Sepideh Yeoh, Board Member image
Teri Vigil, Board Member image
Arati Nagaraj, Board Member image
by Sepideh Yeoh, Teri Vigil and Arati Nagaraj

This year, in addition to our column regulars Deb Dudley, Steve Ladd, Arati Nagaraj, Luan Burman Rivera and Sepideh Yeoh, we are welcoming new consultants to the column. This issue introduces Teri Vigil, a board member for the Fall River Joint Unified School District since 2000. She is a Governance Consultant with CSBA’s Governance Consulting Services, creating customized board development workshops for governance teams.

BoardWise is a forum for board members and superintendents across the state to share questions about governance and board-superintendent relations. Send your questions to

Creating a collaborative board culture

Dear BoardWise,

In building and maintaining a supportive governance structure, what are some practices to provide opportunities for board members who are transitioning off the board, and yet would like to maintain some level of involvement and continue to contribute?

Sepideh Yeoh: This question reminds me of a situation I encountered recently. I was facilitating a Governance Consulting Services workshop with a district’s governance team, when a member of the community stood up to offer public comment prior to the work group starting and said, “Keep students at the core of each decision.” He then thanked the board for their dedication and left. Later, I learned that this person was a former board member who wanted to show support for the board.

This scenario is quite common.
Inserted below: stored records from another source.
-- ===== src/Operations/TerraformCloud.antt =====
-- api/traits.rs: `TerraformCloudOperations`, and its blocking form.
use vault_client_rs.Prelude.{Bool, List}
use vault_client_rs.Prelude.Text.{Text}
use vault_client_rs.Client.{VaultClient}
use vault_client_rs.Effect.{Env, World, M}
use vault_client_rs.Wire.{Decode}
use vault_client_rs.Operations.{block_on}
use vault_client_rs.Engines.Terraform
use vault_client_rs.Engines.Terraform.{
  TerraformCloudConfigRequest, TerraformCloudConfig, TerraformCloudRoleRequest, TerraformCloudRole,
  TerraformCloudToken,
}

pub record TerraformCloudOperations (F : Type 0 → Type 0) : Type 0 where
  pub configure : TerraformCloudConfigRequest → F (Unit {0})
  pub read_config : F TerraformCloudConfig
  pub delete_config : F (Unit {0})
  pub create_role : Text → TerraformCloudRoleRequest → F (Unit {0})
  pub read_role : Text → F TerraformCloudRole
  pub delete_role : Text → F (Unit {0})
  pub list_roles : F (List Text)
  pub get_credentials : Text → F TerraformCloudToken

-- The implementation by the handler, with the decoders of the responses.
unfoldable pub terraform_cloud_handler :
    (env : Env) (waiting : World → World) (c : VaultClient) (mount : Text)
    (read_terraform_cloud_config : Decode TerraformCloudConfig)
    (read_terraform_cloud_role : Decode TerraformCloudRole)
    (read_terraform_cloud_token : Decode TerraformCloudToken)
    → TerraformCloudOperations M
terraform_cloud_handler env waiting c mount read_terraform_cloud_config read_terraform_cloud_role
      read_terraform_cloud_token =
    record {
      configure = Terraform.configure env waiting c mount;
      read_config = Terraform.read_config env waiting c mount read_terraform_cloud_config;
      delete_config = Terraform.delete_config env waiting c mount;
      create_role = Terraform.create_role env waiting c mount;
      read_role = Terraform.read_role env waiting c mount read_terraform_cloud_role;
      delete_role = Terraform.delete_role env waiting c mount;
      list_roles = Terraform.list_roles env waiting c mount;
      get_credentials = Terraform.get_credentials env waiting c mount read_terraform_cloud_token;
    }

-- `TerraformCloudHandler` of blocking/mod.rs.
unfoldable pub blocking_terraform_cloud :
    Bool → TerraformCloudOperations M → TerraformCloudOperations M
unfolding block_on
blocking_terraform_cloud in_runtime o = record {
  configure = λ a. block_on in_runtime (o.configure a);
  read_config = block_on in_runtime o.read_config;
  delete_config = block_on in_runtime o.delete_config;
  create_role = λ a b. block_on in_runtime (o.create_role a b);
  read_role = λ a. block_on in_runtime (o.read_role a);
  delete_role = λ a. block_on in_runtime (o.delete_role a);
  list_roles = block_on in_runtime o.list_roles;
  get_credentials = λ a. block_on in_runtime (o.get_credentials a);
}
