-- ===== src/Operations/TokenAuth.antt =====
-- api/traits.rs: `TokenAuthOperations`, and its blocking form.
use vault_client_rs.Prelude.{Bool, Option, List}
use vault_client_rs.Prelude.Text.{Text}
use vault_client_rs.VaultResponse.{AuthInfo}
use vault_client_rs.Client.{VaultClient}
use vault_client_rs.Effect.{Env, World, M}
use vault_client_rs.Wire.{Decode}
use vault_client_rs.Operations.{block_on}
use vault_client_rs.AuthAdmin.Token
use vault_client_rs.AuthAdmin.Token.{TokenCreateRequest, TokenLookupResponse}

pub record TokenAuthOperations (F : Type 0 → Type 0) : Type 0 where
  pub lookup_self : F TokenLookupResponse
  pub lookup : Text → F TokenLookupResponse
  pub renew_self : Option Text → F AuthInfo
  pub create : TokenCreateRequest → F AuthInfo
  pub create_orphan : TokenCreateRequest → F AuthInfo
  pub revoke : Text → F (Unit {0})
  pub revoke_self : F (Unit {0})
  pub revoke_accessor : Text → F (Unit {0})
  pub list_accessors : F (List Text)

-- The implementation by the handler, with the decoders of the responses.
unfoldable pub token_auth_handler :
    (env : Env) (waiting : World → World) (c : VaultClient)
    (read_token_lookup_response : Decode TokenLookupResponse)
    → TokenAuthOperations M
token_auth_handler env waiting c read_token_lookup_response = record {
  lookup_self = Token.lookup_self env waiting c read_token_lookup_response;
  lookup = Token.lookup env waiting c read_token_lookup_response;
  renew_self = Token.renew_self env waiting c;
  create = Token.create env waiting c;
  create_orphan = Token.create_orphan env waiting c;
  revoke = Token.revoke env waiting c;
  revoke_self = Token.revoke_self env waiting c;
  revoke_accessor = Token.revoke_accessor env waiting c;
  list_accessors = Token.list_accessors env waiting c;
}

-- `TokenAuthHandler` of blocking/mod.rs.
unfoldable pub blocking_token_auth : Bool → TokenAuthOperations M → TokenAuthOperations M
unfolding block_on
blocking_token_auth in_runtime o = record {
  lookup_self = block_on in_runtime o.lookup_self;
  lookup = λ a. block_on in_runtime (o.lookup a);
  renew_self = λ a. block_on in_runtime (o.renew_self a);
  create = λ a. block_on in_runtime (o.create a);
  create_orphan = λ a. block_on in_runtime (o.create_orphan a);
  revoke = λ a. block_on in_runtime (o.revoke a);
  revoke_self = block_on in_runtime o.revoke_self;
  revoke_accessor = λ a. block_on in_runtime (o.revoke_accessor a);
  list_accessors = block_on in_runtime o.list_accessors;
}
For board members who have dedicated their time to serving their communities, transitioning off the board can be challenging. So, how can a board plan for these situations and support these individuals?

First, this can be done by setting the tone and acknowledging their service. Do you have a practice where you dedicate time at a board meeting to thank the board member who is transitioning from board member to community member? Is there a practice built into board meetings where the superintendent shares highlights about the departing board member and presents them with a certificate of appreciation? A practice of recognition can be the first step to a continued and positive relationship between the board and the departing member.

In this situation, when a board member desires to stay involved, it is important to establish clear communication between the current board and that departing member. To do this, a board designee and the departing member should set up a meeting to discuss the member’s areas of interest, their desired level of activity and what the member hopes to gain and contribute through continued activity. It is also an opportunity to develop a set of goals and objectives that will set expectations for the member’s continued participation. With this information, the board can offer opportunities of participation that align with the board’s needs and the member’s interest.

Establishing regular clear and open communication between former board members and board designees demonstrates healthy and effective continuation of involvement and allows the board to establish parameters of positive engagement from former board members.

Teri Vigil: The transition of former board members into different community roles can contribute to the success of the board. Once clear parameters have been established, there are many ways to engage former members that can benefit both the member and the board.

Depending on the interests and desired level of involvement, a former member could serve on district or county office of education committees and work groups. With an appropriate placement, the member can provide needed skills, content knowledge and a historical viewpoint that can benefit the committee.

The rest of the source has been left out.